▸ Activity: Among the lines below, restate word for word only those from the line with "save_commit sf = do_state" through the line with "if sf.is_override then", with both end lines kept.

▸ Material for the task:

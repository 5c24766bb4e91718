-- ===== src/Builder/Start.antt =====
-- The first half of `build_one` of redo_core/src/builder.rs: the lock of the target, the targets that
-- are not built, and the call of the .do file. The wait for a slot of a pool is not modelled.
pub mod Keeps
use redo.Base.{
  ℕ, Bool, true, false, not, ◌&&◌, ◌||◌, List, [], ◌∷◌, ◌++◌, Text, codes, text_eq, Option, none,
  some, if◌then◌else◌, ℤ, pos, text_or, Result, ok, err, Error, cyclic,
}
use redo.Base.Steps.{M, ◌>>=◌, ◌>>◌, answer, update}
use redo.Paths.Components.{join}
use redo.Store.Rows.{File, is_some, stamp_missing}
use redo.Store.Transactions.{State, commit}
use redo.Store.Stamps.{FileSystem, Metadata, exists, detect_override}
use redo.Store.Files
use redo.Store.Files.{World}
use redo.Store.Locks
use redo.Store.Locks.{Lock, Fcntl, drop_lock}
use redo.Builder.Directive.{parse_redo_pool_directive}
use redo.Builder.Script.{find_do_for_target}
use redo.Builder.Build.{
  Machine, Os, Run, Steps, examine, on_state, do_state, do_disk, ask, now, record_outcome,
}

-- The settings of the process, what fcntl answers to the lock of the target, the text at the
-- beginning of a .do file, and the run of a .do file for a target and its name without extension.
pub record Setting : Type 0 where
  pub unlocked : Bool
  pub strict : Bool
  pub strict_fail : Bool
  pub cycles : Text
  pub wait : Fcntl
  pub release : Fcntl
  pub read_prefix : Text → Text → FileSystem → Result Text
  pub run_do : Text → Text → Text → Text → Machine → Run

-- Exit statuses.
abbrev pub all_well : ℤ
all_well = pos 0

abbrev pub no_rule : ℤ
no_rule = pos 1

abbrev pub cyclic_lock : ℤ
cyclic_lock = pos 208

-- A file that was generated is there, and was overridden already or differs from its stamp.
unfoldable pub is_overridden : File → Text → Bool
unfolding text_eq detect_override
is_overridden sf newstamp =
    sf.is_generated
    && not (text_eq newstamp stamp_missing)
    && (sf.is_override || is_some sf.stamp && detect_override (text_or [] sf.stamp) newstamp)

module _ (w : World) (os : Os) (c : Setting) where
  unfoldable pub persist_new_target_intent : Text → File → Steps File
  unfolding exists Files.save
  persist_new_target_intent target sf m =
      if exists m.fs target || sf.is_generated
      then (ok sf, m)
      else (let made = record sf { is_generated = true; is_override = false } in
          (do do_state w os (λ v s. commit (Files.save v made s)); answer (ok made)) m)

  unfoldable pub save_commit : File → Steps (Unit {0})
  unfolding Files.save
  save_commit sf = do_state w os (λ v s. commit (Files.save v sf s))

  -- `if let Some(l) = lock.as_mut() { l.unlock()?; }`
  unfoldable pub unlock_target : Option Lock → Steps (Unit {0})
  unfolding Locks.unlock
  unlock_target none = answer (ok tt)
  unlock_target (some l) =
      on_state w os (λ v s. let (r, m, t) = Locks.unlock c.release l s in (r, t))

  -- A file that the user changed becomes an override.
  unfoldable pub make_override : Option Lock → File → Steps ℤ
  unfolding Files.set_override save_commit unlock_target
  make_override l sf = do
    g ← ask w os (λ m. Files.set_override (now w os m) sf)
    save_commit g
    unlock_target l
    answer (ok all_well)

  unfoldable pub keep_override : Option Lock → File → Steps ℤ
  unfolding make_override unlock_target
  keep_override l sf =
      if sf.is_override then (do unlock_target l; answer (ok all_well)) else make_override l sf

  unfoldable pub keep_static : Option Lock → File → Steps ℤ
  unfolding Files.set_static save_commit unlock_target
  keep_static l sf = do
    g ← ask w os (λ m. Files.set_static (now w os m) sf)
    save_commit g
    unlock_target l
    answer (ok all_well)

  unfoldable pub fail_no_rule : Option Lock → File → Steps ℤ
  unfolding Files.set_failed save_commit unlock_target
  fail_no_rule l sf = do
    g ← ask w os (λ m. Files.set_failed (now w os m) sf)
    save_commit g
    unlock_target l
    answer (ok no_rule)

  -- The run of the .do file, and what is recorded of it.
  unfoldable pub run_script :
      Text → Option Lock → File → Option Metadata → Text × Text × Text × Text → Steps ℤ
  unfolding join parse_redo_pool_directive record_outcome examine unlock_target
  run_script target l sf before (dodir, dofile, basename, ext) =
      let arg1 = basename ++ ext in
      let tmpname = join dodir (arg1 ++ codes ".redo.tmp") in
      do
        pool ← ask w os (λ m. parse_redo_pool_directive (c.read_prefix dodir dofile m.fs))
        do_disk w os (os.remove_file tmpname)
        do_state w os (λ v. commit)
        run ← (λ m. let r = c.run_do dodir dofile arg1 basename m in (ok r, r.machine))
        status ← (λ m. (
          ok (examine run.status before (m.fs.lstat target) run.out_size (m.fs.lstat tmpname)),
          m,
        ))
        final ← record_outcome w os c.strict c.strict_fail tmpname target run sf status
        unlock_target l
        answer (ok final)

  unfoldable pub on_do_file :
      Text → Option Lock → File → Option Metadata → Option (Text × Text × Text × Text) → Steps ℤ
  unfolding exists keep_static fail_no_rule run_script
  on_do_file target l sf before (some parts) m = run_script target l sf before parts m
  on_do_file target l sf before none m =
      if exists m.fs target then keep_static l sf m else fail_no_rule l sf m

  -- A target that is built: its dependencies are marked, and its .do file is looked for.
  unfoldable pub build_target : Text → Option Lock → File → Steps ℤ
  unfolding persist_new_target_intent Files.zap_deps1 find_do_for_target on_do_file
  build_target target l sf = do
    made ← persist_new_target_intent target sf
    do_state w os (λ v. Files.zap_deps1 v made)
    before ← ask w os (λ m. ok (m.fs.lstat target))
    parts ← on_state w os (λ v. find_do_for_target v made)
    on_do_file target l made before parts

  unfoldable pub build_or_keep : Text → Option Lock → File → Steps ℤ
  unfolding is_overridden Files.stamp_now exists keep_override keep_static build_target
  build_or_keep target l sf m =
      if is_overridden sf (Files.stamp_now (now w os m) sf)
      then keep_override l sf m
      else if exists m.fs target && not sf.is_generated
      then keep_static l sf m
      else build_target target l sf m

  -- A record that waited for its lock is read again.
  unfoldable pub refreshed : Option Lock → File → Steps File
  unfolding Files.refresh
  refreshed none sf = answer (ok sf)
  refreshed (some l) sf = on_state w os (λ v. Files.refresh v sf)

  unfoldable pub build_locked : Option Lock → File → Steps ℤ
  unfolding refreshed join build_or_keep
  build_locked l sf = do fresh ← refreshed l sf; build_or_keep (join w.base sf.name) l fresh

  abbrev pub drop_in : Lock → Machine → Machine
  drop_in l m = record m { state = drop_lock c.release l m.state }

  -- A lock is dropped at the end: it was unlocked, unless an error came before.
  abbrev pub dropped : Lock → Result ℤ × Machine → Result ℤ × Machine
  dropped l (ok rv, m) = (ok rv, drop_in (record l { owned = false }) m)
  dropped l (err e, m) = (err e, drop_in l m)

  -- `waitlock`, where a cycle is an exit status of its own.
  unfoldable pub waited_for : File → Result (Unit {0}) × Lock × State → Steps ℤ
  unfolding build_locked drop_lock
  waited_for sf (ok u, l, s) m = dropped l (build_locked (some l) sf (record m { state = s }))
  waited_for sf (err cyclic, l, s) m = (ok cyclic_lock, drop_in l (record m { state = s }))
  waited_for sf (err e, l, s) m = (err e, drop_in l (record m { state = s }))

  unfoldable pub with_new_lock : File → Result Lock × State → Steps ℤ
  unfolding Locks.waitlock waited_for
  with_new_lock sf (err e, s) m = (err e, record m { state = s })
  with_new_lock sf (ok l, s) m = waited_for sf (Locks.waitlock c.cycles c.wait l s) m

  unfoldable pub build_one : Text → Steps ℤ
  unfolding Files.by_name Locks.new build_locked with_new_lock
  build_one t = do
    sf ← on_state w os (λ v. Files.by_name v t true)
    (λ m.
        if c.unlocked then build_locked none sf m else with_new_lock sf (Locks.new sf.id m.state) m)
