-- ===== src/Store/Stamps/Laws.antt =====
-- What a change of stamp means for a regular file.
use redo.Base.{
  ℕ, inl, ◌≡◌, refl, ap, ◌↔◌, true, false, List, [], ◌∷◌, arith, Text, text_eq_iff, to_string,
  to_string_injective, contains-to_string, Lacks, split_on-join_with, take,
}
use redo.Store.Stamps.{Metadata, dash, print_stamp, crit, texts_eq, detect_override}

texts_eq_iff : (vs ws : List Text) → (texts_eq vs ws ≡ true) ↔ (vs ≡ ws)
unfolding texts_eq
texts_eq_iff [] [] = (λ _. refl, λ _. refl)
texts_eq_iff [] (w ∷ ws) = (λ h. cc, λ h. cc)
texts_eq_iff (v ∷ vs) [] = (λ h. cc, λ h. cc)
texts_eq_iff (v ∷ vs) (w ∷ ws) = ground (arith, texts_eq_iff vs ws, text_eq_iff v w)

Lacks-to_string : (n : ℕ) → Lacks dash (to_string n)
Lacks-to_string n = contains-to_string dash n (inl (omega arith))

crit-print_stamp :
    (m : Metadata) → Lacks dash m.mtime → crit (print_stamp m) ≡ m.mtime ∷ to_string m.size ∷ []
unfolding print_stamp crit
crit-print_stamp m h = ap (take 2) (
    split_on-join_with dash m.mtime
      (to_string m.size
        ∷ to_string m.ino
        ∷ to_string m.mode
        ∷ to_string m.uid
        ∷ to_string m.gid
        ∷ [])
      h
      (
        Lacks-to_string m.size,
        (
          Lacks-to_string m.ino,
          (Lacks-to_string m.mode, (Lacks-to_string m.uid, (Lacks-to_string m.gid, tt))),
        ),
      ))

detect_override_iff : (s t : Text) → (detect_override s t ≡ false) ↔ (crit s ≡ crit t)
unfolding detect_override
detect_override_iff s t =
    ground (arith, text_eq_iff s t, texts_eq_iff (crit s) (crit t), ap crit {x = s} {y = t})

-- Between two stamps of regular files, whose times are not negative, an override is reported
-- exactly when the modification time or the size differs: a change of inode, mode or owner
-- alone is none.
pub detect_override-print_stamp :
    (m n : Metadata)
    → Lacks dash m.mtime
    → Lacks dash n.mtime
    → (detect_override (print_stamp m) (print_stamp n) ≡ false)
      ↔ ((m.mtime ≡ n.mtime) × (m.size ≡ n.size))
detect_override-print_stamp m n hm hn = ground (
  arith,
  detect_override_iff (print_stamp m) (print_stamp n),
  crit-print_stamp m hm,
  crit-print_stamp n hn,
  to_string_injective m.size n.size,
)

▸ Answer to this task:
  save_commit sf = do_state w os (λ v s. commit (Files.save v sf s))

  -- `if let Some(l) = lock.as_mut() { l.unlock()?; }`
  unfoldable pub unlock_target : Option Lock → Steps (Unit {0})
  unfolding Locks.unlock
  unlock_target none = answer (ok tt)
  unlock_target (some l) =
      on_state w os (λ v s. let (r, m, t) = Locks.unlock c.release l s in (r, t))

  -- A file that the user changed becomes an override.
  unfoldable pub make_override : Option Lock → File → Steps ℤ
  unfolding Files.set_override save_commit unlock_target
  make_override l sf = do
    g ← ask w os (λ m. Files.set_override (now w os m) sf)
    save_commit g
    unlock_target l
    answer (ok all_well)

  unfoldable pub keep_override : Option Lock → File → Steps ℤ
  unfolding make_override unlock_target
  keep_override l sf =
      if sf.is_override then (do unlock_target l; answer (ok all_well)) else make_override l sf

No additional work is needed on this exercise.